Exercise input: Begin

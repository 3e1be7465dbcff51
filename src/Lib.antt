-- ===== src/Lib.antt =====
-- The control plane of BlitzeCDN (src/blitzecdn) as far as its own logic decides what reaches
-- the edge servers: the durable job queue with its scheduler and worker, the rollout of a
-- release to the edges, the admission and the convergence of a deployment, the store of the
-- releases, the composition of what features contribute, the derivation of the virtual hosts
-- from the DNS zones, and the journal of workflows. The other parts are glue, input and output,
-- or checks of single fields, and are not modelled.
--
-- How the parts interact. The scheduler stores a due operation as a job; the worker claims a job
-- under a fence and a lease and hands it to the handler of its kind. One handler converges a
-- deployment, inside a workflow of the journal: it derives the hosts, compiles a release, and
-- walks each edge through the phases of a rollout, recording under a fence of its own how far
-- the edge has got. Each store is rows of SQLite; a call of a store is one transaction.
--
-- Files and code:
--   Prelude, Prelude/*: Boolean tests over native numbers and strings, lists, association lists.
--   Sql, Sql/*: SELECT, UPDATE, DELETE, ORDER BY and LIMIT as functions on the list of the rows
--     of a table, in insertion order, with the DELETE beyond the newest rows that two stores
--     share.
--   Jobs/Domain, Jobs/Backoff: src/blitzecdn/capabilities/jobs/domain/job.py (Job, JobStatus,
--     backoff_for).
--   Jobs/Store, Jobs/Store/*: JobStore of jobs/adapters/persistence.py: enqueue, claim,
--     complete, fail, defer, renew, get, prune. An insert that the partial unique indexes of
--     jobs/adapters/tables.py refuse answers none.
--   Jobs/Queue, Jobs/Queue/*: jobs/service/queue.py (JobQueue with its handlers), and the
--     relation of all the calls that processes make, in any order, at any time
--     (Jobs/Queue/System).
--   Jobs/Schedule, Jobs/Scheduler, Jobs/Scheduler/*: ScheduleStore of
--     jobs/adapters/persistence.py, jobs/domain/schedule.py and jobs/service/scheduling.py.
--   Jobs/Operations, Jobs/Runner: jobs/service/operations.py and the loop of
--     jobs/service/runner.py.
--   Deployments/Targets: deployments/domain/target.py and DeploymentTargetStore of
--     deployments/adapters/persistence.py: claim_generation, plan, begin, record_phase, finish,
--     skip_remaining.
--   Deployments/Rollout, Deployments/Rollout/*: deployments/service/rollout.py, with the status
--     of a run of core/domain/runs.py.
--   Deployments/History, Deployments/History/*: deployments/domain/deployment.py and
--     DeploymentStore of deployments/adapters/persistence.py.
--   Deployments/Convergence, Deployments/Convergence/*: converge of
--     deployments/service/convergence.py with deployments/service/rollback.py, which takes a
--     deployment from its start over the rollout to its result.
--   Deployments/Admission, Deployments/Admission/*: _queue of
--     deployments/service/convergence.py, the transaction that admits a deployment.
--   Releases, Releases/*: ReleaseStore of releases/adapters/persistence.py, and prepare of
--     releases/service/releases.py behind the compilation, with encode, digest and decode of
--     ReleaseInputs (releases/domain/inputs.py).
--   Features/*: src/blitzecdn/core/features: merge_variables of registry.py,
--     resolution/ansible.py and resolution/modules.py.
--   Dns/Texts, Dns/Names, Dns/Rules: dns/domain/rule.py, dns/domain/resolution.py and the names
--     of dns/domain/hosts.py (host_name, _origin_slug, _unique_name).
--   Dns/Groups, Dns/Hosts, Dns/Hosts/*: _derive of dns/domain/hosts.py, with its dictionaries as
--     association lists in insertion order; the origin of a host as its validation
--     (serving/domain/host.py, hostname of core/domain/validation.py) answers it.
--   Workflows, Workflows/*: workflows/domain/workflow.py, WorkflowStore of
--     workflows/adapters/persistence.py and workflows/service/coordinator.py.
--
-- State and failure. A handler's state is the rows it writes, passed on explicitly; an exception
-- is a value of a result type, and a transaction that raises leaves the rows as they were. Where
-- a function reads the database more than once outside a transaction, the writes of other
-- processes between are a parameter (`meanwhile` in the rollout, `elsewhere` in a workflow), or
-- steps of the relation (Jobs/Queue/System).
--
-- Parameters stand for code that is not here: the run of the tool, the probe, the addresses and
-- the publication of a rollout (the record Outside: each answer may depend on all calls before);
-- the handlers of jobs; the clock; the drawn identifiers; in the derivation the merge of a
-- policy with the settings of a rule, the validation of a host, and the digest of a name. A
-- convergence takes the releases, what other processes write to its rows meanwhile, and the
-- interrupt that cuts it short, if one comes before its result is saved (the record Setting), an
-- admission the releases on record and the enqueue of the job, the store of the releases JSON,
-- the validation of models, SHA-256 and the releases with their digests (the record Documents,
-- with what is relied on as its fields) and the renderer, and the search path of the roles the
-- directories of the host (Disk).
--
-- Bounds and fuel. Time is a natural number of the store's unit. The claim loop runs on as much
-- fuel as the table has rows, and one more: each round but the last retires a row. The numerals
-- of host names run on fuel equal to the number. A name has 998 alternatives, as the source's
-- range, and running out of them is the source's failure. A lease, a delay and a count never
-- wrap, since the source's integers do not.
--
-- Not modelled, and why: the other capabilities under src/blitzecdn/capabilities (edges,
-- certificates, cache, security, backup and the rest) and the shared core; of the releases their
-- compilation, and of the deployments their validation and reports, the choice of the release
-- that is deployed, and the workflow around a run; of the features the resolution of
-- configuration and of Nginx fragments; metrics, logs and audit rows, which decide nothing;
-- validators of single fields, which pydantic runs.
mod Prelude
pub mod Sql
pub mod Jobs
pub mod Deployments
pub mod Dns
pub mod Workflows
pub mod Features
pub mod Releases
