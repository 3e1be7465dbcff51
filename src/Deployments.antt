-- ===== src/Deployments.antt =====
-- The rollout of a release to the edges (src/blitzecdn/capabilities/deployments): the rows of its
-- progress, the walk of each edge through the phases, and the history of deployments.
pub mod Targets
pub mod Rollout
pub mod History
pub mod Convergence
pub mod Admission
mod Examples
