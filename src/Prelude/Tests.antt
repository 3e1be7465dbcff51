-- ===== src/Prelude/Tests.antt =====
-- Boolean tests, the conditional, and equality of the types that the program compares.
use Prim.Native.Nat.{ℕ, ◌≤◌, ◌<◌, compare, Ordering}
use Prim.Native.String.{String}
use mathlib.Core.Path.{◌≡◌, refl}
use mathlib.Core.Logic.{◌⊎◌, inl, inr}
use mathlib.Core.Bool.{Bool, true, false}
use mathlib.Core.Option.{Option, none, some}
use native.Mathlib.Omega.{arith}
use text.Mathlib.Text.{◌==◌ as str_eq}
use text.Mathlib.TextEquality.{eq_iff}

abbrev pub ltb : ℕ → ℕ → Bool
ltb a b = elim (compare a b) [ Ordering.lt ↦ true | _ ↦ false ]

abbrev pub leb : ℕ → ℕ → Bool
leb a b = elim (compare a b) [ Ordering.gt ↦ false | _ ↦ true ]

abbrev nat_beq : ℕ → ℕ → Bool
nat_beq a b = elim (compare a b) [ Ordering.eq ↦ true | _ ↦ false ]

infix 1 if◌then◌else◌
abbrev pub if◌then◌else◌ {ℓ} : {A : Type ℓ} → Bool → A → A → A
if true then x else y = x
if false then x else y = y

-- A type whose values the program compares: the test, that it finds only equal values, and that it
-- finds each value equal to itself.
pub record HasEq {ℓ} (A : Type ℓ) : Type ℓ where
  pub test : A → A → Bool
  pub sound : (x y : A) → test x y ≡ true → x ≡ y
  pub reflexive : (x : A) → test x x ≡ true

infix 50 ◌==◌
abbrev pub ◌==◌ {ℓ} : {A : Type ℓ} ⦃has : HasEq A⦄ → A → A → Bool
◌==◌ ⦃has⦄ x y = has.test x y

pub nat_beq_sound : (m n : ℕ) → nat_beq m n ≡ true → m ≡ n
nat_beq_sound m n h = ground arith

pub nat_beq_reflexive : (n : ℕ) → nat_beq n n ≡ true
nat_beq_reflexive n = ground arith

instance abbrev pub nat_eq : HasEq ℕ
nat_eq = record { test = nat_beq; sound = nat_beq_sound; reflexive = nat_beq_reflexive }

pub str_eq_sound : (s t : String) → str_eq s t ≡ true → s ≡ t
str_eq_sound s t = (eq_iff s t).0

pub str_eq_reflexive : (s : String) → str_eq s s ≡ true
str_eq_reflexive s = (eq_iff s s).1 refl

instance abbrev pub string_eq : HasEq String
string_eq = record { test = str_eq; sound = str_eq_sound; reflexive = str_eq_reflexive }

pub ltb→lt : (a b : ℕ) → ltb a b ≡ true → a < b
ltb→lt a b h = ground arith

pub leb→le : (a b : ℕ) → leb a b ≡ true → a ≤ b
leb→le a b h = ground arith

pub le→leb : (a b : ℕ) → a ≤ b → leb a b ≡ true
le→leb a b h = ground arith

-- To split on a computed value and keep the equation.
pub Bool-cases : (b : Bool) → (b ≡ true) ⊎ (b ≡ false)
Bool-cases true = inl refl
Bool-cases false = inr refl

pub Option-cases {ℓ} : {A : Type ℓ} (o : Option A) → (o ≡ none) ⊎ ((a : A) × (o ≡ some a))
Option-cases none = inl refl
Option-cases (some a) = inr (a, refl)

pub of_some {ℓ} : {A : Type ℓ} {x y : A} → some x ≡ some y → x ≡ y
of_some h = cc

Exercise input: End

*What you need to do*. Give back the records word for word. Start at the first line, end at the line containing "-- the edge servers: the", and include both.

*Solution*.
repository 3e1be7465dbcff51
filename src/Lib.antt
-- ===== src/Lib.antt =====
-- The control plane of BlitzeCDN (src/blitzecdn) as far as its own logic decides what reaches
-- the edge servers: the durable job queue with its scheduler and worker, the rollout of a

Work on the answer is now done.